Although little is known about the molecular mechanisms by which soluble and mechanical signals regulate function of mesenchymal stem cells, Jaiswal et al [6] showed that the commitment of human bone marrow mesenchymal stem cells to the osteogenic and adipogenic lineages in vitro involves signaling by mitogen-activated protein kinase pathways. In particular, they found that induction of human bone marrow mesenchymal stem cells differentiation to osteoblasts by dexamethasone, ascorbic acid, and glycerophosphate is regulated by the extracellular signal-regulated kinase signaling pathway. Furthermore, blocking the extracellular signal-regulated kinase 1/2 pathway can inhibit osteogenic differentiation of human bone marrow mesenchymal stem cells and lead to adipogenesis. Simmons et al [7] reported that cyclic strain can enhance matrix mineralization by human bone marrow mesenchymal stem cells via the extracellular signal-regulated kinase 1/2 signaling pathway. Thus, mitogen-activated protein kinase pathways, which are generally activated by growth factors/cytokines and integrin-mediated cell adhesion, may play critical roles in directing mesenchymal stem cell commitment by mechanical signals.

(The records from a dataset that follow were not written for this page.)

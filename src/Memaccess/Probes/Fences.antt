-- ===== src/Memaccess/Probes/Fences.antt =====
-- What `cachefence` of OptaneStudy/src/memaccess.c accesses: groups of batches, and a fence behind
-- each group.
use rw_sep.Prelude.{
  ℕ, zero, suc, ◌+◌, ◌-◌, ◌*◌, ◌/◌, ◌^◌, ◌≤◌, ◌<◌, some, List, [], ◌∷◌, ◌++◌, ◌≡◌, refl, ap, ◌∙◌,
  sym, append-nil, append_assoc, concat_upto, arith,
}
use native.Mathlib.Nat.{div-le_self}
use rw_sep.Prelude.Loops.{do_while_invariant}
use rw_sep.Machine.{Instr, Reg, Event, Cpu, run, signed_ltb}
use rw_sep.Machine.Words.{signed_ltb-true, signed_ltb-false}
use rw_sep.Memaccess.Stride.{load_zmm0}
use rw_sep.Memaccess.Rounds.{Traces, pieces}
use rw_sep.Memaccess.Sequential.Sweeps.{reaches_end}
use rw_sep.Memaccess.Probes.{flush_begin, fence_begin, cachefence}
use rw_sep.Memaccess.Probes.Flushes.{batch, span, flush_begin_lem}

-- A loop below its limit before each of its rounds.
below_limit :
    (step limit n i : ℕ)
    → 0 < limit
    → ((j : ℕ) → j < n → step * suc j < limit)
    → i ≤ n
    → step * i < limit
below_limit step limit n zero pos short small = omega arith
below_limit step limit n (suc i) pos short small = short i small

-- A round's events, appended to those of the rounds before it.
one_part_more :
    (part : ℕ → List Event) (i : ℕ) (start old new here : List Event)
    → new ≡ old ++ here
    → here ≡ part i
    → old ≡ start ++ concat_upto part i
    → new ≡ start ++ concat_upto part (suc i)
unfolding concat_upto
one_part_more part i start old new here e e' h =
    e ∙ rw (h, e') (append_assoc start (concat_upto part i) (part i))

-- How many batches one fence stands behind, and their bytes.
abbrev pub batches : (cache fence : ℕ) → ℕ
batches cache fence = suc ((fence - 1) / span cache)

abbrev pub group_span : (cache fence : ℕ) → ℕ
group_span cache fence = span cache * batches cache fence

-- The events of one group from address `p` up.
abbrev pub group : (cache fence p : ℕ) → List Event
group cache fence p =
    concat_upto (λ i. batch (pieces cache) (p + span cache * i)) (batches cache fence)
    ++ Event.sfence ∷ []

module _ (fuel start_addr cache : ℕ) (some_cache : 0 < cache) (cache_fuel : cache < fuel)
    (fence : ℕ) (some_fence : 0 < fence) (fence_fuel : fence < fuel) where
  group_span-le : group_span cache fence < fence + cache + 64
  group_span-le =
      let r = reaches_end (span cache) fence (omega arith) some_fence in omega (arith, r.1)

  fence_begin_lem :
      (c : Cpu)
      → start_addr + c.r9 + fence + 2 * cache + 128 ≤ 2 ^ 63
      → (c' : Cpu) × (fence_begin fuel start_addr cache fence c ≡ some c')
        × (c'.r9 ≡ c.r9 + group_span cache fence)
        × (c'.trace ≡ c.trace ++ group cache fence (start_addr + c.r9))
  unfolding fence_begin run concat_upto
  fence_begin_lem c fits =
      let n : ℕ = (fence - 1) / span cache in
      let r = reaches_end (span cache) fence (omega arith) some_fence in
      let few = div-le_self (fence - 1) (span cache) in
      let (c1, ends, inv) =
        do_while_invariant (flush_begin fuel start_addr cache) (λ t. signed_ltb t.r11 fence)
          (λ i t.
            (t.r9 ≡ c.r9 + span cache * i)
            × (t.r11 ≡ span cache * i)
            × (t.trace
                ≡ c.trace
                  ++ concat_upto (λ i. batch (pieces cache) (start_addr + c.r9 + span cache * i))
                      i))
          n
          (λ i t small inv.
            let low : span cache * i < fence =
              below_limit (span cache) fence n i some_fence r.2 small in
            let (t', flushes, at, counted, traced) =
              flush_begin_lem fuel start_addr cache some_cache cache_fuel t (omega (arith, inv.0))
                (omega (arith, inv.1)) in
            (
              t',
              flushes,
              (
                omega (arith, at, inv.0),
                omega (arith, counted, inv.1),
                one_part_more (λ i. batch (pieces cache) (start_addr + c.r9 + span cache * i)) i
                    c.trace t.trace t'.trace _ traced
                    (ap (batch (pieces cache)) (omega (arith, inv.0))) inv.2,
              ),
            ))
          (λ i t small inv.
            rw inv.1 (signed_ltb-true (span cache * suc i) fence (r.2 i small) (omega arith)))
          (λ t inv. rw inv.1 (signed_ltb-false (span cache * suc n) fence r.0 (omega (arith, r.1))))
          fuel 0 n (run (Instr.clear Reg.r11 ∷ []) c) (omega (arith, few)) (omega arith)
          (omega arith, omega arith, sym (append-nil c.trace)) in
      (run (Instr.sfence ∷ []) c1, rw ends refl, inv.0, rw inv.2 (append_assoc c.trace _ _))

  -- With lengths above 0, room for them below 2 ^ 63, and fuel above each, `cachefence` returns,
  -- and its accesses are, in this order: for each group of batches from start_addr up, as many
  -- groups as cover `size` bytes, the stores and then the flushes of each batch of the group, as
  -- many batches as cover `fence` bytes, each as many 64-byte lines as cover `cache`, and then
  -- one fence.
  pub cachefence-Traces :
      (size : ℕ) (c : Cpu)
      → 0 < size
      → size < fuel
      → start_addr + size + 2 * fence + 3 * cache + 192 ≤ 2 ^ 63
      → Traces (cachefence fuel start_addr size cache fence c) c (
          concat_upto
            (λ i. group cache fence (start_addr + group_span cache fence * i))
            (suc ((size - 1) / group_span cache fence)))
  unfolding cachefence run load_zmm0 concat_upto
  cachefence-Traces size c some_size size_fuel fits =
      let step = group_span cache fence in
      let n : ℕ = (size - 1) / step in
      let bound = group_span-le in
      let r = reaches_end step size (omega arith) some_size in
      let few = div-le_self (size - 1) step in
      let (c1, ends, inv) =
        do_while_invariant (fence_begin fuel start_addr cache fence) (λ t. signed_ltb t.r9 size)
          (λ i t.
            (t.r9 ≡ step * i)
            × (t.trace ≡ c.trace ++ concat_upto (λ i. group cache fence (start_addr + step * i)) i))
          n
          (λ i t small inv.
            let low : step * i < size = below_limit step size n i some_size r.2 small in
            let (t', groups, at, traced) = fence_begin_lem t (omega (arith, inv.0)) in
            (
              t',
              groups,
              (
                omega (arith, at, inv.0),
                one_part_more (λ i. group cache fence (start_addr + step * i)) i c.trace t.trace
                    t'.trace _ traced (ap (λ p. group cache fence (start_addr + p)) inv.0) inv.1,
              ),
            ))
          (λ i t small inv.
            rw inv.0 (signed_ltb-true (step * suc i) size (r.2 i small) (omega arith)))
          (λ t inv. rw inv.0 (signed_ltb-false (step * suc n) size r.0 (omega (arith, r.1)))) fuel 0
          n (run (Instr.clear Reg.r9 ∷ []) (run (load_zmm0 start_addr) c)) (omega (arith, few))
          (omega arith) (omega arith, sym (append-nil c.trace)) in
      (c1, ends, inv.1)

Design: Cytology contrast study.
Time and setting: The experiment was completed in the Shanghai Institute of Traumatology and Orthopaedics from June 2009 to March 2011.
Materials
The written informed consent was obtained from patients, and then the bone marrow was obtained from human donors undergoing surgery in Shanghai Ruijin Hospital from 2009 to 2010. Bone marrow samples (10-20 mL) were procured from proximal femurs according to the method described previously[9-10]. Six male patients were included in this study, two patients (32 and 38 years old, respectively) with closed diaphyseal femoral fractures and four patients (48, 55, 63 and 66 years old, respectively) with hip osteoarthritis. The mean donor age was 50.3 years (range 32-66 years). Their clinical characteristics and the inclusion criteria were described in our previous report[11].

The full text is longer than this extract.